— Aim of the exercise —
Exactly as given, output all the records that follow.

— Data for this task —
※
-- ===== src/Device/Replies.antt =====
-- What a client may conclude from the code of an MCP command.
use trustonic_tee_user_space.Prelude.{
  ℕ, zero, suc, ◌+◌, ◌≡◌, refl, ◌∙◌, true, List, [], ◌∷◌, none, some, arith,
}
use trustonic_tee_user_space.Status.{mc_drv_ok, mcp_ok, daemon_mci_error}
use trustonic_tee_user_space.Status.Codes.{make_mcp_error-ne-ok}
use trustonic_tee_user_space.NotificationQueue.{Notification, sid_mcp}
use trustonic_tee_user_space.Device.{
  Device, Env, Exchange, Command, cmd_get_mobicore_version, response_id, sent, logged,
}
use trustonic_tee_user_space.Device.Irq.{handle_notification, handle_all}
use trustonic_tee_user_space.Device.Mcp.{
  notify_session, wait_loop, wait_mcp_notification, msh_notify_and_wait, mcp_command,
}
use trustonic_tee_user_space.Device.Commands.{get_mobicore_version}
use trustonic_tee_user_space.Device.Faults.{msh_notify_and_wait-fault}

wait_loop-rsp : (tries i : ℕ) (x : Exchange) (d : Device) → (wait_loop tries i x d).1.rsp ≡ d.rsp
unfolding wait_loop
wait_loop-rsp zero i x d = refl
wait_loop-rsp (suc tries) i x d = ground (arith, wait_loop-rsp tries (i + 1) x d)

wait-rsp : (x : Exchange) (d : Device) → (wait_mcp_notification x d).1.rsp ≡ d.rsp
unfolding wait_mcp_notification
wait-rsp x d = ground (arith, wait_loop-rsp 5 0 x d)

handle_notification-rsp : (d : Device) (n : Notification) → (handle_notification d n).rsp ≡ d.rsp
unfolding handle_notification
handle_notification-rsp d n = ground arith

handle_all-rsp : (d : Device) (ns : List Notification) → (handle_all d ns).rsp ≡ d.rsp
unfolding handle_all
handle_all-rsp d [] = refl
handle_all-rsp d (n ∷ ns) =
    handle_all-rsp (handle_notification d n) ns ∙ handle_notification-rsp d n

-- The response is read as the secure world left it.
pub exchange-rsp :
    (env : Env) (c : Command) (d : Device)
    → (msh_notify_and_wait env c d).1.rsp ≡ (env.exchange d.log c).rsp
unfolding msh_notify_and_wait
exchange-rsp env c d =
    let x = env.exchange d.log c in
    let told : Device = record (logged (notify_session d sid_mcp) (sent c)) {
      rsp = x.rsp;
      nq = x.nq;
    } in
    wait-rsp x (handle_all told x.delivered) ∙ handle_all-rsp told x.delivered

-- A command that is reported as done was confirmed: the response that the secure world left is that
-- of this very command, its result is OK, and it is what the daemon reads.
pub mcp_command-confirmed :
    (env : Env) (c : Command) (d : Device)
    → (mcp_command env c d).0 ≡ mc_drv_ok
    → ((env.exchange d.log c).rsp.rsp_id ≡ response_id c)
      × ((env.exchange d.log c).rsp.result ≡ mcp_ok)
      × ((mcp_command env c d).1.rsp ≡ (env.exchange d.log c).rsp)
unfolding mcp_command
mcp_command-confirmed env c d h =
    ground
      (arith, exchange-rsp env c d, make_mcp_error-ne-ok (msh_notify_and_wait env c d).1.rsp.result)

-- After a fault every such command fails with the code of an unreachable daemon, and the fault
-- stays.
pub mcp_command-fault :
    (env : Env) (c : Command) (d : Device)
    → d.mc_fault ≡ true
    → ((mcp_command env c d).0 ≡ daemon_mci_error) × ((mcp_command env c d).1.mc_fault ≡ true)
unfolding mcp_command
mcp_command-fault env c d h =
    let (failed, stays) = msh_notify_and_wait-fault env c d h in rw failed (refl, stays)

-- A version that was fetched is the one that the secure world gave. While the device keeps it, it
-- is given again without a command and without a change of the device, whatever the secure world
-- does then and whatever else has changed.
pub get_mobicore_version-cached :
    (env env' : Env) (d e : Device)
    → d.mc_version_info ≡ none
    → (get_mobicore_version env d).0 ≡ mc_drv_ok
    → e.mc_version_info ≡ (get_mobicore_version env d).2.mc_version_info
    → ((get_mobicore_version env d).1
        ≡ some (env.exchange d.log cmd_get_mobicore_version).rsp.version_info)
      × (get_mobicore_version env' e ≡ (mc_drv_ok, (get_mobicore_version env d).1, e))
unfolding get_mobicore_version
get_mobicore_version-cached env env' d e none_yet h same =
    let (ret, d') = mcp_command env cmd_get_mobicore_version d in
    let confirmed = mcp_command-confirmed env cmd_get_mobicore_version d in
    ground (arith, confirmed)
※
— Response to the exercise —
-- ===== src/Device/Replies.antt =====
-- What a client may conclude from the code of an MCP command.
use trustonic_tee_user_space.Prelude.{
  ℕ, zero, suc, ◌+◌, ◌≡◌, refl, ◌∙◌, true, List, [], ◌∷◌, none, some, arith,
}
use trustonic_tee_user_space.Status.{mc_drv_ok, mcp_ok, daemon_mci_error}
use trustonic_tee_user_space.Status.Codes.{make_mcp_error-ne-ok}
use trustonic_tee_user_space.NotificationQueue.{Notification, sid_mcp}
use trustonic_tee_user_space.Device.{
  Device, Env, Exchange, Command, cmd_get_mobicore_version, response_id, sent, logged,
}
use trustonic_tee_user_space.Device.Irq.{handle_notification, handle_all}
use trustonic_tee_user_space.Device.Mcp.{
  notify_session, wait_loop, wait_mcp_notification, msh_notify_and_wait, mcp_command,
}
use trustonic_tee_user_space.Device.Commands.{get_mobicore_version}
use trustonic_tee_user_space.Device.Faults.{msh_notify_and_wait-fault}

wait_loop-rsp : (tries i : ℕ) (x : Exchange) (d : Device) → (wait_loop tries i x d).1.rsp ≡ d.rsp
unfolding wait_loop
wait_loop-rsp zero i x d = refl
wait_loop-rsp (suc tries) i x d = ground (arith, wait_loop-rsp tries (i + 1) x d)

wait-rsp : (x : Exchange) (d : Device) → (wait_mcp_notification x d).1.rsp ≡ d.rsp
unfolding wait_mcp_notification
wait-rsp x d = ground (arith, wait_loop-rsp 5 0 x d)

handle_notification-rsp : (d : Device) (n : Notification) → (handle_notification d n).rsp ≡ d.rsp
unfolding handle_notification
handle_notification-rsp d n = ground arith

handle_all-rsp : (d : Device) (ns : List Notification) → (handle_all d ns).rsp ≡ d.rsp
unfolding handle_all
handle_all-rsp d [] = refl
handle_all-rsp d (n ∷ ns) =
    handle_all-rsp (handle_notification d n) ns ∙ handle_notification-rsp d n

-- The response is read as the secure world left it.
pub exchange-rsp :
    (env : Env) (c : Command) (d : Device)
    → (msh_notify_and_wait env c d).1.rsp ≡ (env.exchange d.log c).rsp
unfolding msh_notify_and_wait
exchange-rsp env c d =
    let x = env.exchange d.log c in
    let told : Device = record (logged (notify_session d sid_mcp) (sent c)) {
      rsp = x.rsp;
      nq = x.nq;
    } in
    wait-rsp x (handle_all told x.delivered) ∙ handle_all-rsp told x.delivered

-- A command that is reported as done was confirmed: the response that the secure world left is that
-- of this very command, its result is OK, and it is what the daemon reads.
pub mcp_command-confirmed :
    (env : Env) (c : Command) (d : Device)
    → (mcp_command env c d).0 ≡ mc_drv_ok
    → ((env.exchange d.log c).rsp.rsp_id ≡ response_id c)
      × ((env.exchange d.log c).rsp.result ≡ mcp_ok)
      × ((mcp_command env c d).1.rsp ≡ (env.exchange d.log c).rsp)
unfolding mcp_command
mcp_command-confirmed env c d h =
    ground
      (arith, exchange-rsp env c d, make_mcp_error-ne-ok (msh_notify_and_wait env c d).1.rsp.result)

-- After a fault every such command fails with the code of an unreachable daemon, and the fault
-- stays.
pub mcp_command-fault :
    (env : Env) (c : Command) (d : Device)
    → d.mc_fault ≡ true
    → ((mcp_command env c d).0 ≡ daemon_mci_error) × ((mcp_command env c d).1.mc_fault ≡ true)
unfolding mcp_command
mcp_command-fault env c d h =
    let (failed, stays) = msh_notify_and_wait-fault env c d h in rw failed (refl, stays)

-- A version that was fetched is the one that the secure world gave. While the device keeps it, it
-- is given again without a command and without a change of the device, whatever the secure world
-- does then and whatever else has changed.
pub get_mobicore_version-cached :
    (env env' : Env) (d e : Device)
    → d.mc_version_info ≡ none
    → (get_mobicore_version env d).0 ≡ mc_drv_ok
    → e.mc_version_info ≡ (get_mobicore_version env d).2.mc_version_info
    → ((get_mobicore_version env d).1
        ≡ some (env.exchange d.log cmd_get_mobicore_version).rsp.version_info)
      × (get_mobicore_version env' e ≡ (mc_drv_ok, (get_mobicore_version env d).1, e))
unfolding get_mobicore_version
get_mobicore_version-cached env env' d e none_yet h same =
    let (ret, d') = mcp_command env cmd_get_mobicore_version d in
    let confirmed = mcp_command-confirmed env cmd_get_mobicore_version d in
    ground (arith, confirmed)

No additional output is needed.